* **Task goal**
Filter the material below so that only lines containing "IsOther" remain.

* **Data section**
####

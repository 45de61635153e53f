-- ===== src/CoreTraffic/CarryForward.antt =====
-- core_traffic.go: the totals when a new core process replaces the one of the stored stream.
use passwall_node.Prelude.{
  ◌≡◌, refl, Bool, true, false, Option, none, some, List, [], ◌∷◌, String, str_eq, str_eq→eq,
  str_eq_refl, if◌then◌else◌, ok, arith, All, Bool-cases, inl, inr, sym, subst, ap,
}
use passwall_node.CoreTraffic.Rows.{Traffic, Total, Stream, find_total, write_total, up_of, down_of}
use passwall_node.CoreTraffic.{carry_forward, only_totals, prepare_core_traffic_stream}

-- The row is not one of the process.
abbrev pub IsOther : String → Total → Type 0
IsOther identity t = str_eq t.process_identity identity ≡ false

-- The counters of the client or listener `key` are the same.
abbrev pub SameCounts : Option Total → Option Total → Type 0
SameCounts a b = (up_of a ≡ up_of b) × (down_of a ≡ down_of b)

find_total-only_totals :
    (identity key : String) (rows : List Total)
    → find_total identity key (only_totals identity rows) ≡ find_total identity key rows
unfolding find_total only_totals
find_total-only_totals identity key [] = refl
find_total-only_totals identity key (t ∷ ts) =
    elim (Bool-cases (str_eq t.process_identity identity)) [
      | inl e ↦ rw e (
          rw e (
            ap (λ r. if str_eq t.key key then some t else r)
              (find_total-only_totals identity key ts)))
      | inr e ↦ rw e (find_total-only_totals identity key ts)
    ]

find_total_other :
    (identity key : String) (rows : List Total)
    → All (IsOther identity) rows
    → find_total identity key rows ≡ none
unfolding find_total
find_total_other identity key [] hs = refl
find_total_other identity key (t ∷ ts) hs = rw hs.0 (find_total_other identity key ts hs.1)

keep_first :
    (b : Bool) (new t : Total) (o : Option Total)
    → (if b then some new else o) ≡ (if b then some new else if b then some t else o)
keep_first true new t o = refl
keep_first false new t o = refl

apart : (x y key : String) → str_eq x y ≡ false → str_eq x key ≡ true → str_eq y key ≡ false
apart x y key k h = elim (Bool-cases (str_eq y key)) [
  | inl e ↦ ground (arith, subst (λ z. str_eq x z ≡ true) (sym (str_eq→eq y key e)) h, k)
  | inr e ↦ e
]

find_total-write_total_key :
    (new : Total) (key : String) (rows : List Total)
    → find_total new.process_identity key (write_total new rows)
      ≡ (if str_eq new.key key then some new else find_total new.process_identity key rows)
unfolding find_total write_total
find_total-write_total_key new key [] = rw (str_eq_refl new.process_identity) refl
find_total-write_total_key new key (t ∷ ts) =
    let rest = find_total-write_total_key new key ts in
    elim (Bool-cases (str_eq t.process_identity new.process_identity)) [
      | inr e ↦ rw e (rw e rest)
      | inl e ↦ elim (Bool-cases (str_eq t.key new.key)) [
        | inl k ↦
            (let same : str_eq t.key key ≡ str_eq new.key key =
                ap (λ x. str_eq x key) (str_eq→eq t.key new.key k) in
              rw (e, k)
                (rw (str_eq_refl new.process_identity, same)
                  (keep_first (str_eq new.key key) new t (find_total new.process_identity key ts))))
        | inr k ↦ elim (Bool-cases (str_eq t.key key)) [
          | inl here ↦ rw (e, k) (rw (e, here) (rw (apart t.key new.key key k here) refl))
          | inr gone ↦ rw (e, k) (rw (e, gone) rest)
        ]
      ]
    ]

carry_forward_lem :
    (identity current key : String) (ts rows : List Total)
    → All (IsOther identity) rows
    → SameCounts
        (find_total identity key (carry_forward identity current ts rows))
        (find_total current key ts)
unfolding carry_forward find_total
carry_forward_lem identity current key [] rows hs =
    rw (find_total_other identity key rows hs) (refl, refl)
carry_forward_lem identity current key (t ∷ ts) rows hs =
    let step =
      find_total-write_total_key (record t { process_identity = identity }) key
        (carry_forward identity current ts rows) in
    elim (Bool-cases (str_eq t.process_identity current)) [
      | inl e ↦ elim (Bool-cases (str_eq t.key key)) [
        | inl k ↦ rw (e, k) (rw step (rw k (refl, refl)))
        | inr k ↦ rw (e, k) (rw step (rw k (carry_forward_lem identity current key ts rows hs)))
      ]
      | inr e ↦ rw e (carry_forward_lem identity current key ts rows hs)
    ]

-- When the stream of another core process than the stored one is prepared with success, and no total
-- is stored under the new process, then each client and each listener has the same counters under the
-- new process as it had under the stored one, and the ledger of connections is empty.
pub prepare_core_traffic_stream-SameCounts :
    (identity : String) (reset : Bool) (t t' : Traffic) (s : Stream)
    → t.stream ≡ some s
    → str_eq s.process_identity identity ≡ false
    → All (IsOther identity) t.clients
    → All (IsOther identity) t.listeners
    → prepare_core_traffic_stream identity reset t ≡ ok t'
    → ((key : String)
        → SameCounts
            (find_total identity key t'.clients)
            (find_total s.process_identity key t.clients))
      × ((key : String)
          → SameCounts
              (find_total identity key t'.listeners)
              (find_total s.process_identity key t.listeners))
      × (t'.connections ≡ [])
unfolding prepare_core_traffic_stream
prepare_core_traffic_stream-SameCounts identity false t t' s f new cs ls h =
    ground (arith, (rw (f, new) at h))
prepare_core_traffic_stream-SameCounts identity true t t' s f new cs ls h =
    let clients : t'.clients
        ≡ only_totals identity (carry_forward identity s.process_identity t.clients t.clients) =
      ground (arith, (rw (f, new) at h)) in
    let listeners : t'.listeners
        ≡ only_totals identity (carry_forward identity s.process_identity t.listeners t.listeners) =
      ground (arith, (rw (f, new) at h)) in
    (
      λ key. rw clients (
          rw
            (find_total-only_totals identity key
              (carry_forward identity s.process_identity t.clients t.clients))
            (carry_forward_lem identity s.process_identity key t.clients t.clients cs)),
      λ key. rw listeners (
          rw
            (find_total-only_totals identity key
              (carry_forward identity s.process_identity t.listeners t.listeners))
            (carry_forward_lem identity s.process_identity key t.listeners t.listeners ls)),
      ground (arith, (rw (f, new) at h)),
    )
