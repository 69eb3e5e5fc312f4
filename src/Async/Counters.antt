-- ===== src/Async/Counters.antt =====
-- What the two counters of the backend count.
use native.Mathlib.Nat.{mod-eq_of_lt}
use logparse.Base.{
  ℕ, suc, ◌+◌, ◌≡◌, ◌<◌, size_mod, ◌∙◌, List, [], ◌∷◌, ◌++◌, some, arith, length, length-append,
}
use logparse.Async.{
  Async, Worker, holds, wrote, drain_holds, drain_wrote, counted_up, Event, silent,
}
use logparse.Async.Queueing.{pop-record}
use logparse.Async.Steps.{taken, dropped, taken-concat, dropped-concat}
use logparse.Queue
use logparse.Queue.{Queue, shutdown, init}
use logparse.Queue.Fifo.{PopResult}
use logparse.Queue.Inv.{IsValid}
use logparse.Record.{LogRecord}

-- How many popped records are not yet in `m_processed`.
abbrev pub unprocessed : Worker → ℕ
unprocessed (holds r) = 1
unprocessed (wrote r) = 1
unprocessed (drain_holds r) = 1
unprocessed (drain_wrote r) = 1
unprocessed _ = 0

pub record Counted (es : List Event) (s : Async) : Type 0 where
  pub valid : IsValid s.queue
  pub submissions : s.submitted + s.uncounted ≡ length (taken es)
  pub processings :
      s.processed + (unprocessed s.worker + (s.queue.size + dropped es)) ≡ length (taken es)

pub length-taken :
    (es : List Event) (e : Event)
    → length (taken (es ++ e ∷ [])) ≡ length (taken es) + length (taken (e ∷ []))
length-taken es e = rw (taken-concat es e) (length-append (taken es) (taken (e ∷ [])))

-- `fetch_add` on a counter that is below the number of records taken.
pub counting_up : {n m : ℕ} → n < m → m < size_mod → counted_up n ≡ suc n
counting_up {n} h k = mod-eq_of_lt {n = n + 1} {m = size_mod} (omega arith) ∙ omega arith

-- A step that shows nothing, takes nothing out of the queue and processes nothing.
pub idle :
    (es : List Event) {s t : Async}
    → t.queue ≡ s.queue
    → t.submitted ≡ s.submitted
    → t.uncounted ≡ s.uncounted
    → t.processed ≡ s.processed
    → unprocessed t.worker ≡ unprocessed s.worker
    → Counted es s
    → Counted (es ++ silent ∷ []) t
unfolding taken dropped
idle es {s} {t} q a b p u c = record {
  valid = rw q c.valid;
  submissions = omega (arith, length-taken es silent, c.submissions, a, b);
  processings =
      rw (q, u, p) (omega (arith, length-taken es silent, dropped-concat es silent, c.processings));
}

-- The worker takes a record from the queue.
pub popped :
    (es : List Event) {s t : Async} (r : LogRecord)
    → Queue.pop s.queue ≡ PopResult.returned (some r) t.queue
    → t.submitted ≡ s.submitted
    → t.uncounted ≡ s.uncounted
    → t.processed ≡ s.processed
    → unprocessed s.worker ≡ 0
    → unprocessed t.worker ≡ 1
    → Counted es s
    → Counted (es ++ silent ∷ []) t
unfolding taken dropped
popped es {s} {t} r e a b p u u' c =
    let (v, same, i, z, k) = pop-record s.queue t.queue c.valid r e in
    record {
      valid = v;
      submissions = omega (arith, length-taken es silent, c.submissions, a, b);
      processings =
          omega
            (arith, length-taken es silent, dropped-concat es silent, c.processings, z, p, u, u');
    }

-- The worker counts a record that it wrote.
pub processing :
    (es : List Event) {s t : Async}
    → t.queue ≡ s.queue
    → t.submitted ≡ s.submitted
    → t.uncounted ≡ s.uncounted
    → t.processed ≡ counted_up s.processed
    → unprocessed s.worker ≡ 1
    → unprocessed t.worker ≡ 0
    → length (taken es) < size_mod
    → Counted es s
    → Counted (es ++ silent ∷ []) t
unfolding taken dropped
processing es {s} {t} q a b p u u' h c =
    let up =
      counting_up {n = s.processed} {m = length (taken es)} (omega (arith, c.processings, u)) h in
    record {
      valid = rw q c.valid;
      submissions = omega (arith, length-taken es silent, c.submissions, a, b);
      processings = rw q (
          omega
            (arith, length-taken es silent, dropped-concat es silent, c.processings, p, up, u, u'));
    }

####

* **Response box**
abbrev pub IsOther : String → Total → Type 0
IsOther identity t = str_eq t.process_identity identity ≡ false
    → All (IsOther identity) rows
    → All (IsOther identity) rows
    → All (IsOther identity) t.clients
    → All (IsOther identity) t.listeners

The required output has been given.